A vehicle for DNA transfer and for recovery of transferred genes: λ Charon phage-pBR322 hybrid

Abstract

Recombinant Charon 4A phages accommodating the Herpes simplex virus (HSV-1) thymidine kinase ( tk) gene, the ampicillin-resistance (Ap R) gene, and the replication origin of pBR322 were constructed. The phage DNA was introduced into mouse L tk − cells by a free DNA transfer method or phage-mediated DNA transfer method [Ishiura et al., Mol. Cell. Biol. 2 (1982) 607]. Analyses of the physical state of the transferred DNA in the recipient cell genome showed that a DNA fragment as long as 12.7 kb was integrated intact into 67% and less than 40% of the L tk − transformant cells by phage-mediated DNA transfer and by free DNA transfer, respectively.

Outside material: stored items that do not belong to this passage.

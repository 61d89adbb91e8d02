-- ===== src/TcpMux/Sessions/Balance.antt =====
-- `streamCounter`, `sessionCounter` and `counter` of tcpmux.go under one step of a session.
use backhaul_plus.Prelude.{
  ℕ, ◌+◌, ◌%◌, ◌≤◌, ◌≡◌, List, [], ◌∷◌, length, Bool, if◌then◌else◌, some, none, true, false, ltb,
  ◌==◌, refl, length-append, ◌<◌, arith, Option, ◌-◌, suc, Bool-cases, ap, inl, inr,
}
use backhaul_plus.TcpMux.Sessions.{
  Pipeline, Phase, for_slot, for_conn, ended, cancelled, stranded, putting_back, giving_up, Session,
  session_step, acquired, LocalTcpConn, done_handler, put_back, has_room, carry, receive, Action,
  decremented, Opened, received, is_stale, open_failed, send_failed, carried, context_done,
}
use mathlib.Core.Path.{subst}
use mathlib.Core.Path.{subst}
use backhaul_plus.TcpMux.Sessions.Counts.{held, waiting, counted_session, two_32}

-- What a step of one session keeps.
pub record Balanced (x : Session) (s : Pipeline) (x' : Session) (s' : Pipeline) : Type 0 where
  pub stream_change :
      (s'.stream_counter + (length s.local_channel + (x.handlers + held x.phase))) % two_32
      ≡ (s.stream_counter + (length s'.local_channel + (x'.handlers + held x'.phase))) % two_32
  pub session_change :
      (s'.session_counter + counted_session x.phase) % two_32
      ≡ (s.session_counter + counted_session x'.phase) % two_32
  pub within : (x'.handlers + waiting x'.phase ≤ x'.taken) × (x'.taken ≤ s.mux_con)
  pub queue : length s'.local_channel ≤ s.channel_size
  pub same_mux : s'.mux_con ≡ s.mux_con
  pub same_size : s'.channel_size ≡ s.channel_size

pub some-injective {ℓ} : {A : Type ℓ} {u r : A} → ◌≡◌ {A = Option A} (some u) (some r) → u ≡ r
some-injective h = cc

if-some {ℓ} :
    {A : Type ℓ} (b : Bool) {u r : A} → (if b then some u else none) ≡ some r → (b ≡ true) × (u ≡ r)
if-some true h = (refl, cc)
if-some false h = cc

pub if_not-some {ℓ} :
    {A : Type ℓ} (b : Bool) {u r : A}
    → (if b then none else some u) ≡ some r
    → (b ≡ false) × (u ≡ r)
if_not-some true h = cc
if_not-some false h = (refl, cc)

module _ (taken handlers : ℕ) (s : Pipeline) where
  -- A session with these numbers.
  abbrev pub at_phase : Phase → Session
  at_phase p = record { phase = p; taken = taken; handlers = handlers }

  -- What is assumed of it in front of a step.
  abbrev pub Fit : Phase → Type 0
  Fit p =
      (handlers + waiting p ≤ taken)
      × (taken ≤ s.mux_con)
      × (length s.local_channel ≤ s.channel_size)

  abbrev pub After : Phase → Session × Pipeline → Type 0
  After p r = Balanced (at_phase p) s r.0 r.1

  acquired-Balanced :
      {r : Session × Pipeline}
      → session_step acquired for_slot (at_phase for_slot) s ≡ some r
      → Fit for_slot
      → After for_slot r
  unfolding session_step
  acquired-Balanced h (f, u, q) =
      let (room, e) = if-some (ltb taken s.mux_con) h in
      subst (After for_slot) e (record {
        stream_change = refl;
        session_change = refl;
        within = (omega arith, ground arith);
        queue = q;
        same_mux = refl;
        same_size = refl;
      })

  put_back-Balanced :
      (entry : LocalTcpConn) {r : Session × Pipeline}
      → session_step put_back (putting_back entry) (at_phase (putting_back entry)) s ≡ some r
      → Fit (putting_back entry)
      → After (putting_back entry) r
  unfolding session_step
  put_back-Balanced entry h (f, u, q) =
      let (room, e) = if-some (has_room s.channel_size (length s.local_channel)) h in
      let l = length-append s.local_channel (entry ∷ []) in
      subst (After (putting_back entry)) e (record {
        stream_change = omega arith;
        session_change = refl;
        within = (omega arith, u);
        queue = ground arith;
        same_mux = refl;
        same_size = refl;
      })

  gave_up-Balanced :
      (entry : LocalTcpConn) {r : Session × Pipeline}
      → session_step put_back (giving_up entry) (at_phase (giving_up entry)) s ≡ some r
      → Fit (giving_up entry)
      → After (giving_up entry) r
  unfolding session_step
  gave_up-Balanced entry h (f, u, q) =
      let (room, e) = if-some (has_room s.channel_size (length s.local_channel)) h in
      let l = length-append s.local_channel (entry ∷ []) in
      subst (After (giving_up entry)) e (record {
        stream_change = omega arith;
        session_change = refl;
        within = (omega arith, u);
        queue = ground arith;
        same_mux = refl;
        same_size = refl;
      })

  done_handler-Balanced :
      (p : Phase) {r : Session × Pipeline}
      → session_step done_handler p (at_phase p) s ≡ some r
      → Fit p
      → After p r
  unfolding session_step
  done_handler-Balanced p h (f, u, q) =
      let (busy, e) = if_not-some (handlers == 0) h in
      let some_handler : 0 < handlers = ground arith in
      subst (After p) e (record {
        stream_change = omega arith;
        session_change = refl;
        within = (omega arith, omega arith);
        queue = q;
        same_mux = refl;
        same_size = refl;
      })

  stale-Balanced :
      (entry : LocalTcpConn) (rest : List LocalTcpConn)
      → s.local_channel ≡ entry ∷ rest
      → Fit for_conn
      → After for_conn (
        record (at_phase for_slot) { taken = taken - 1 },
        record s { local_channel = rest; stream_counter = decremented s.stream_counter },
      )
  stale-Balanced entry rest l (f, u, q) =
      let n : length s.local_channel ≡ suc (length rest) = ap length l in
      record {
        stream_change = omega arith;
        session_change = refl;
        within = (omega arith, omega arith);
        queue = omega arith;
        same_mux = refl;
        same_size = refl;
      }

  carry-Balanced :
      (opened : Opened) (entry : LocalTcpConn) (rest : List LocalTcpConn)
      → s.local_channel ≡ entry ∷ rest
      → Fit for_conn
      → After for_conn (carry opened entry (at_phase for_conn) (record s { local_channel = rest }))
  unfolding carry
  carry-Balanced open_failed entry rest l (f, u, q) =
      let n : length s.local_channel ≡ suc (length rest) = ap length l in
      record {
        stream_change = omega arith;
        session_change = omega arith;
        within = (omega arith, u);
        queue = omega arith;
        same_mux = refl;
        same_size = refl;
      }
  carry-Balanced send_failed entry rest l (f, u, q) =
      let n : length s.local_channel ≡ suc (length rest) = ap length l in
      record {
        stream_change = omega arith;
        session_change = refl;
        within = (omega arith, u);
        queue = omega arith;
        same_mux = refl;
        same_size = refl;
      }
  carry-Balanced carried entry rest l (f, u, q) =
      let n : length s.local_channel ≡ suc (length rest) = ap length l in
      record {
        stream_change = omega arith;
        session_change = refl;
        within = (omega arith, u);
        queue = omega arith;
        same_mux = refl;
        same_size = refl;
      }

  receive-Balanced :
      (now : ℕ) (opened : Opened) (queue : List LocalTcpConn) {r : Session × Pipeline}
      → s.local_channel ≡ queue
      → receive now opened queue (at_phase for_conn) s ≡ some r
      → Fit for_conn
      → After for_conn r
  unfolding receive
  receive-Balanced now opened [] l h f = cc
  receive-Balanced now opened (entry ∷ rest) {r} l h f = elim (Bool-cases (is_stale now entry)) [
    | inl stale ↦
        let e = rw stale at h in
        subst (After for_conn) (some-injective e) (stale-Balanced entry rest l f)
    | inr fresh ↦
        let e = rw fresh at h in
        subst (After for_conn) (some-injective e) (carry-Balanced opened entry rest l f)
  ]

  cancelled-Balanced : Fit for_conn → After for_conn (at_phase cancelled, s)
  cancelled-Balanced (f, u, q) = record {
    stream_change = refl;
    session_change = refl;
    within = (omega arith, u);
    queue = q;
    same_mux = refl;
    same_size = refl;
  }

  -- A step of a session that holds its bounds.
  pub session_step-Balanced :
      (a : Action) (p : Phase) {r : Session × Pipeline}
      → session_step a p (at_phase p) s ≡ some r
      → Fit p
      → After p r
  unfolding session_step
  session_step-Balanced acquired for_slot h f = acquired-Balanced h f
  session_step-Balanced (received now opened) for_conn h f =
      receive-Balanced now opened s.local_channel refl h f
  session_step-Balanced context_done for_conn h f =
      subst (After for_conn) (some-injective h) (cancelled-Balanced f)
  session_step-Balanced put_back (putting_back entry) h f = put_back-Balanced entry h f
  session_step-Balanced put_back (giving_up entry) h f = gave_up-Balanced entry h f
  session_step-Balanced done_handler p h f = done_handler-Balanced p h f
  session_step-Balanced acquired for_conn h f = cc
  session_step-Balanced acquired ended h f = cc
  session_step-Balanced acquired cancelled h f = cc
  session_step-Balanced acquired stranded h f = cc
  session_step-Balanced acquired (putting_back entry) h f = cc
  session_step-Balanced acquired (giving_up entry) h f = cc
  session_step-Balanced (received now opened) for_slot h f = cc
  session_step-Balanced (received now opened) ended h f = cc
  session_step-Balanced (received now opened) cancelled h f = cc
  session_step-Balanced (received now opened) stranded h f = cc
  session_step-Balanced (received now opened) (putting_back entry) h f = cc
  session_step-Balanced (received now opened) (giving_up entry) h f = cc
  session_step-Balanced context_done for_slot h f = cc
  session_step-Balanced context_done ended h f = cc
  session_step-Balanced context_done cancelled h f = cc
  session_step-Balanced context_done stranded h f = cc
  session_step-Balanced context_done (putting_back entry) h f = cc
  session_step-Balanced context_done (giving_up entry) h f = cc
  session_step-Balanced put_back for_slot h f = cc
  session_step-Balanced put_back for_conn h f = cc
  session_step-Balanced put_back ended h f = cc
  session_step-Balanced put_back cancelled h f = cc
  session_step-Balanced put_back stranded h f = cc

We also developed a new rapid method for recovery of the transferred gene from the L tk + cell into Escherichia coli; the method depends on the fact that the recombinant 2 phage carrying the Ap R gene and replication origin ofpBR322 transduces λ-lysogenic bacteria to Ap R and is maintained as a plasmid. Using this method the HSV-1 tk gene from one L tk + transformant was rapidly and successfully recovered without any rearrangement of the target sequence.